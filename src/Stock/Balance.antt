-- ===== src/Stock/Balance.antt =====
-- The balances that movements leave, and the two queries that read them.
use arcus_invest_backend.Base.{
  ℕ, ◌==◌, ◌≡◌, refl, ◌⊎◌, inl, inr, ℤ, pos, ◌+ℤ◌, ◌≤ℤ◌, List, [], ◌∷◌, arith, if◌then◌else◌,
  ==_iff, +ℤ_parts, int_laws,
}
use arcus_invest_backend.Stock.Ledger.{
  StockMovement, Shelf, Recorded, recorded, not_recorded, stock_on_hand, add_level, stock_levels,
  level_of, record_movement,
}

-- No product is held in a quantity below zero.
abbrev pub NonNegative : List StockMovement → Type 0
NonNegative ms = (p : ℕ) → pos 0 ≤ℤ stock_on_hand p ms

abbrev pub shelf_after : Recorded → Shelf → Shelf
shelf_after (recorded t) s = t
shelf_after (not_recorded e) s = s

record_movement-cases :
    (m : StockMovement) (s : Shelf)
    → (shelf_after (record_movement m s) s ≡ s)
      ⊎ ((record_movement m s ≡ recorded (record s { movements = m ∷ s.movements }))
          × (pos 0 ≤ℤ stock_on_hand m.product_id s.movements +ℤ m.quantity))
unfolding record_movement
record_movement-cases m s = ground arith

add_movement-NonNegative :
    (m : StockMovement) (ms : List StockMovement)
    → pos 0 ≤ℤ stock_on_hand m.product_id ms +ℤ m.quantity
    → NonNegative ms
    → NonNegative (m ∷ ms)
unfolding stock_on_hand
add_movement-NonNegative m ms enough h p = ground (
  arith,
  h p,
  +ℤ_parts (stock_on_hand m.product_id ms) m.quantity,
  +ℤ_parts m.quantity (stock_on_hand p ms),
  ==_iff m.product_id p,
)

-- Whatever movement is asked for, recorded or refused, no balance falls below zero.
pub record_movement-NonNegative :
    (m : StockMovement) (s : Shelf)
    → NonNegative s.movements
    → NonNegative (shelf_after (record_movement m s) s).movements
record_movement-NonNegative m s h = elim (record_movement-cases m s) [
  | inl same ↦ rw same h
  | inr (done, enough) ↦ rw done (add_movement-NonNegative m s.movements enough h)
]

+ℤ_zero : (a : ℤ) → a +ℤ pos 0 ≡ a
+ℤ_zero a = omega int_laws

level_of-add_level :
    (p k : ℕ) (q : ℤ) (ls : List (ℕ × ℤ))
    → level_of p (add_level k q ls) ≡ (if k == p then q +ℤ level_of p ls else level_of p ls)
unfolding level_of add_level
level_of-add_level p k q [] = ground (arith, +ℤ_zero q)
level_of-add_level p k q ((j, n) ∷ ls) = ground (arith, level_of-add_level p k q ls)

-- The one query over all products and the query for one product read the same balance.
pub stock_levels-on_hand :
    (p : ℕ) (ms : List StockMovement) → level_of p (stock_levels ms) ≡ stock_on_hand p ms
unfolding stock_levels stock_on_hand level_of
stock_levels-on_hand p [] = refl
stock_levels-on_hand p (m ∷ ms) = ground (
  arith,
  level_of-add_level p m.product_id m.quantity (stock_levels ms),
  stock_levels-on_hand p ms,
)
================================
- **TASK TO CARRY OUT**
Nothing should be left out: copy the material exactly.

- **EXERCISE OUTPUT**
filename src/Stock/Balance.antt
-- ===== src/Stock/Balance.antt =====
-- The balances that movements leave, and the two queries that read them.
use arcus_invest_backend.Base.{
  ℕ, ◌==◌, ◌≡◌, refl, ◌⊎◌, inl, inr, ℤ, pos, ◌+ℤ◌, ◌≤ℤ◌, List, [], ◌∷◌, arith, if◌then◌else◌,
  ==_iff, +ℤ_parts, int_laws,
}
use arcus_invest_backend.Stock.Ledger.{
  StockMovement, Shelf, Recorded, recorded, not_recorded, stock_on_hand, add_level, stock_levels,
  level_of, record_movement,
}

-- No product is held in a quantity below zero.
abbrev pub NonNegative : List StockMovement → Type 0
NonNegative ms = (p : ℕ) → pos 0 ≤ℤ stock_on_hand p ms

abbrev pub shelf_after : Recorded → Shelf → Shelf
shelf_after (recorded t) s = t
shelf_after (not_recorded e) s = s

record_movement-cases :
    (m : StockMovement) (s : Shelf)
    → (shelf_after (record_movement m s) s ≡ s)
      ⊎ ((record_movement m s ≡ recorded (record s { movements = m ∷ s.movements }))
          × (pos 0 ≤ℤ stock_on_hand m.product_id s.movements +ℤ m.quantity))
unfolding record_movement
record_movement-cases m s = ground arith

add_movement-NonNegative :
    (m : StockMovement) (ms : List StockMovement)
    → pos 0 ≤ℤ stock_on_hand m.product_id ms +ℤ m.quantity
    → NonNegative ms
    → NonNegative (m ∷ ms)
unfolding stock_on_hand
add_movement-NonNegative m ms enough h p = ground (
  arith,
  h p,
  +ℤ_parts (stock_on_hand m.product_id ms) m.quantity,
  +ℤ_parts m.quantity (stock_on_hand p ms),
  ==_iff m.product_id p,
)

-- Whatever movement is asked for, recorded or refused, no balance falls below zero.
pub record_movement-NonNegative :
    (m : StockMovement) (s : Shelf)
    → NonNegative s.movements
    → NonNegative (shelf_after (record_movement m s) s).movements
record_movement-NonNegative m s h = elim (record_movement-cases m s) [
  | inl same ↦ rw same h
  | inr (done, enough) ↦ rw done (add_movement-NonNegative m s.movements enough h)
]

+ℤ_zero : (a : ℤ) → a +ℤ pos 0 ≡ a
+ℤ_zero a = omega int_laws

level_of-add_level :
    (p k : ℕ) (q : ℤ) (ls : List (ℕ × ℤ))
    → level_of p (add_level k q ls) ≡ (if k == p then q +ℤ level_of p ls else level_of p ls)
unfolding level_of add_level
level_of-add_level p k q [] = ground (arith, +ℤ_zero q)
level_of-add_level p k q ((j, n) ∷ ls) = ground (arith, level_of-add_level p k q ls)

-- The one query over all products and the query for one product read the same balance.
pub stock_levels-on_hand :
    (p : ℕ) (ms : List StockMovement) → level_of p (stock_levels ms) ≡ stock_on_hand p ms
unfolding stock_levels stock_on_hand level_of
stock_levels-on_hand p [] = refl
stock_levels-on_hand p (m ∷ ms) = ground (
  arith,
  level_of-add_level p m.product_id m.quantity (stock_levels ms),
  stock_levels-on_hand p ms,
)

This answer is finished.